Record excerpts
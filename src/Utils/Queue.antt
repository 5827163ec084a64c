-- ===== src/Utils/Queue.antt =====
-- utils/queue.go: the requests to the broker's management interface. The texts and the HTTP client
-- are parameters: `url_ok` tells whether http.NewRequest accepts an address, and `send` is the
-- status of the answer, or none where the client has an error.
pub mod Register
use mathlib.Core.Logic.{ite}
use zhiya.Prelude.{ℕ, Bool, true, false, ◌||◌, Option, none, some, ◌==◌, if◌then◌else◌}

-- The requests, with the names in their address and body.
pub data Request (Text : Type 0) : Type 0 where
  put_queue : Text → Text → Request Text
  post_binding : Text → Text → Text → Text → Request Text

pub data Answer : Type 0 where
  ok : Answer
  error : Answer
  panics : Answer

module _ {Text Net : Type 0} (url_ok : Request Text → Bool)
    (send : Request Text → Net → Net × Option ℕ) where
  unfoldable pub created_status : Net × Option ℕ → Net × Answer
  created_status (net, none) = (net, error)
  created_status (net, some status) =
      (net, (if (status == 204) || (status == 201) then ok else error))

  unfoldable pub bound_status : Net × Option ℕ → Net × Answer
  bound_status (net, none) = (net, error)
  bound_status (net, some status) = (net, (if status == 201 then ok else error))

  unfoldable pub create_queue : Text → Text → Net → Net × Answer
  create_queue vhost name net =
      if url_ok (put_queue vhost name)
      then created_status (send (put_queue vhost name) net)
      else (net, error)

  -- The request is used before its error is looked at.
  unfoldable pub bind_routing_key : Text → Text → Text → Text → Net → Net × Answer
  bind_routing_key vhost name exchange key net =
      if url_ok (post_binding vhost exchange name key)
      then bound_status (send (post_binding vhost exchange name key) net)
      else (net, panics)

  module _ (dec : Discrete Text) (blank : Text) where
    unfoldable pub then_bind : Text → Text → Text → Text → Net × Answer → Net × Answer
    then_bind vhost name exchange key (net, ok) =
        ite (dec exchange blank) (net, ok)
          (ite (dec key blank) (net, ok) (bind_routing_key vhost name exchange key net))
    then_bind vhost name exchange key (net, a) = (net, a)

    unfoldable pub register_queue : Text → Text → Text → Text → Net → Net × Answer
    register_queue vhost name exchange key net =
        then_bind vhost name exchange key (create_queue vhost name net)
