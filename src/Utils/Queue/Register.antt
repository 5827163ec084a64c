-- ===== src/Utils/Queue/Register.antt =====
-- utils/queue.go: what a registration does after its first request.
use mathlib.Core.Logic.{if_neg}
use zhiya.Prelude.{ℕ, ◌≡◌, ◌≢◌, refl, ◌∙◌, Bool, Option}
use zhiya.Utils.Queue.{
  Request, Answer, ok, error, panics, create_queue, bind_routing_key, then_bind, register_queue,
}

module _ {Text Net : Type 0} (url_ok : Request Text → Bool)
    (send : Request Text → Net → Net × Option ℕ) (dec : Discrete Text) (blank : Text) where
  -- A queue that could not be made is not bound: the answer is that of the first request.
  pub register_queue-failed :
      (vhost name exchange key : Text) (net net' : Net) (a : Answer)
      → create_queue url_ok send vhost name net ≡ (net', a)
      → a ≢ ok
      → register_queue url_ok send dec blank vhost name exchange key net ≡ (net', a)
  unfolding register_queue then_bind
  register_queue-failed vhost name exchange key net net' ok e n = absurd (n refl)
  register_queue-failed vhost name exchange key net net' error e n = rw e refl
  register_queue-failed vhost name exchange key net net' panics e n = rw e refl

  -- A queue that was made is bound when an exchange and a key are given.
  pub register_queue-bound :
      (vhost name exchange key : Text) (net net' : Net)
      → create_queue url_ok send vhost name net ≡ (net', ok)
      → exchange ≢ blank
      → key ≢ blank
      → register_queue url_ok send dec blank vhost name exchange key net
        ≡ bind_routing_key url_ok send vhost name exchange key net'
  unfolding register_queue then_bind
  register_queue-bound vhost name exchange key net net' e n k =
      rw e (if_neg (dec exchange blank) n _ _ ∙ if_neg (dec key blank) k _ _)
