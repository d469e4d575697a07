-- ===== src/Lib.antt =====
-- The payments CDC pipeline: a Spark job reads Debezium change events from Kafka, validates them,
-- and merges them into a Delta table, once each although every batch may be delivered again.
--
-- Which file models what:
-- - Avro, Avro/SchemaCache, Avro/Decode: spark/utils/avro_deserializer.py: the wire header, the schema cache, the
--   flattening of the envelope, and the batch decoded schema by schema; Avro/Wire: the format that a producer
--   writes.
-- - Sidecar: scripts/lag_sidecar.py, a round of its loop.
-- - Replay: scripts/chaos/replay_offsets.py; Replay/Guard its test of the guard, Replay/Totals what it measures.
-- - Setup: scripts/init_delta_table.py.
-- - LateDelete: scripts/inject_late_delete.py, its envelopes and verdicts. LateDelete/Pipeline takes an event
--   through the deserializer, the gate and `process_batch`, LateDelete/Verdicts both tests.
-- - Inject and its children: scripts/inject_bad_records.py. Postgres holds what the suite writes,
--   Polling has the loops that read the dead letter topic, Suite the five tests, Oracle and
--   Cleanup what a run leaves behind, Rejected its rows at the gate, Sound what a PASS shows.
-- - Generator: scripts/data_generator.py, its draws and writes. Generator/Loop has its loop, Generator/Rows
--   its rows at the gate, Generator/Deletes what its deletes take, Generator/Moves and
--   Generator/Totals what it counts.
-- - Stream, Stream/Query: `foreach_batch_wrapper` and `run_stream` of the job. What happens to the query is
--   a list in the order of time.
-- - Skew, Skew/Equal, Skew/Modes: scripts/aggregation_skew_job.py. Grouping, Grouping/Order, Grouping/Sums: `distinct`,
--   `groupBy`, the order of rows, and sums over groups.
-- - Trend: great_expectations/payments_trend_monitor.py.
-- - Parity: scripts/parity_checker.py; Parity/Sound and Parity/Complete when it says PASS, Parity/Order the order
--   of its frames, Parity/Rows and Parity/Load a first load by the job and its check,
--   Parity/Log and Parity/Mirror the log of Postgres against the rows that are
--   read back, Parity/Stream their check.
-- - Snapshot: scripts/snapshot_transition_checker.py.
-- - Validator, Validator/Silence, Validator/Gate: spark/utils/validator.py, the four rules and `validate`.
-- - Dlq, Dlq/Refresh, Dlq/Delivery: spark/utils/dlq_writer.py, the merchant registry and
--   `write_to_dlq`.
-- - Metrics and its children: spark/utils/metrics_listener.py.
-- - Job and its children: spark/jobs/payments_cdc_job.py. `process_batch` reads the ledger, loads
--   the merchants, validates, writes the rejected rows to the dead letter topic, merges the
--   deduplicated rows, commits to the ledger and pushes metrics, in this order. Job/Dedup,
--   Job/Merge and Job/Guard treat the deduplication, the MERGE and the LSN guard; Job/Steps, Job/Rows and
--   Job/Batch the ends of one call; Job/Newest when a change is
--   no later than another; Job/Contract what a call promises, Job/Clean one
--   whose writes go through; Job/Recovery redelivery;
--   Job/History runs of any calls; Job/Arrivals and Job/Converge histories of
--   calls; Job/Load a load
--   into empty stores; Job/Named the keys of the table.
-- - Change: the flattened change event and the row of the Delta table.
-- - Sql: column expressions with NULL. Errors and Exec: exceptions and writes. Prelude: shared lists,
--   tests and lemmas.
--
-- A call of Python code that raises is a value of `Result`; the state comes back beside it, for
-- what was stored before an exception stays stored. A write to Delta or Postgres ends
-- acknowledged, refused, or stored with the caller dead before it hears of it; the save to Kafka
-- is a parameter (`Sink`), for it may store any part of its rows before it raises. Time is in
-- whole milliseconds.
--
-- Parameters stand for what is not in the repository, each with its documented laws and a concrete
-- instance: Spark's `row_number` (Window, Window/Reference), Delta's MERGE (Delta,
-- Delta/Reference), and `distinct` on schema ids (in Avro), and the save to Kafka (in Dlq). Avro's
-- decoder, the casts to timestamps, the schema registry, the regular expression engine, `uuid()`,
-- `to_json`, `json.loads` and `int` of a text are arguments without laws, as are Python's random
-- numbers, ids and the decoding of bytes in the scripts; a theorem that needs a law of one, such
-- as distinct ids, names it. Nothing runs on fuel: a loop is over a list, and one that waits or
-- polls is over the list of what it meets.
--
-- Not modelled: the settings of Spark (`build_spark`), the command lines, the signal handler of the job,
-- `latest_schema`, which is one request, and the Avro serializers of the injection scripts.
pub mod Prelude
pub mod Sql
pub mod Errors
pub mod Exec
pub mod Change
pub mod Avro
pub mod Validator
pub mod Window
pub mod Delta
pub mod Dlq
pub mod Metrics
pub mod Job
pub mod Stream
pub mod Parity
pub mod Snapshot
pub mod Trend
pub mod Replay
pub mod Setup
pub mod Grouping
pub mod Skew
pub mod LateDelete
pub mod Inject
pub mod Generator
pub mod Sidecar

Work instructions
Using the data above, print exactly the lines from the line that contains "key ≢ blank" through the line that contains "-- - Sidecar: scripts/lag_sidecar.py, a", with both included.

Expected answer
      → key ≢ blank
      → register_queue url_ok send dec blank vhost name exchange key net
        ≡ bind_routing_key url_ok send vhost name exchange key net'
  unfolding register_queue then_bind
  register_queue-bound vhost name exchange key net net' e n k =
      rw e (if_neg (dec exchange blank) n _ _ ∙ if_neg (dec key blank) k _ _)
repository d469e4d575697a07
-- ===== src/Lib.antt =====
-- The payments CDC pipeline: a Spark job reads Debezium change events from Kafka, validates them,
-- and merges them into a Delta table, once each although every batch may be delivered again.
--
-- Which file models what:
-- - Avro, Avro/SchemaCache, Avro/Decode: spark/utils/avro_deserializer.py: the wire header, the schema cache, the
--   flattening of the envelope, and the batch decoded schema by schema; Avro/Wire: the format that a producer
--   writes.
-- - Sidecar: scripts/lag_sidecar.py, a round of its loop.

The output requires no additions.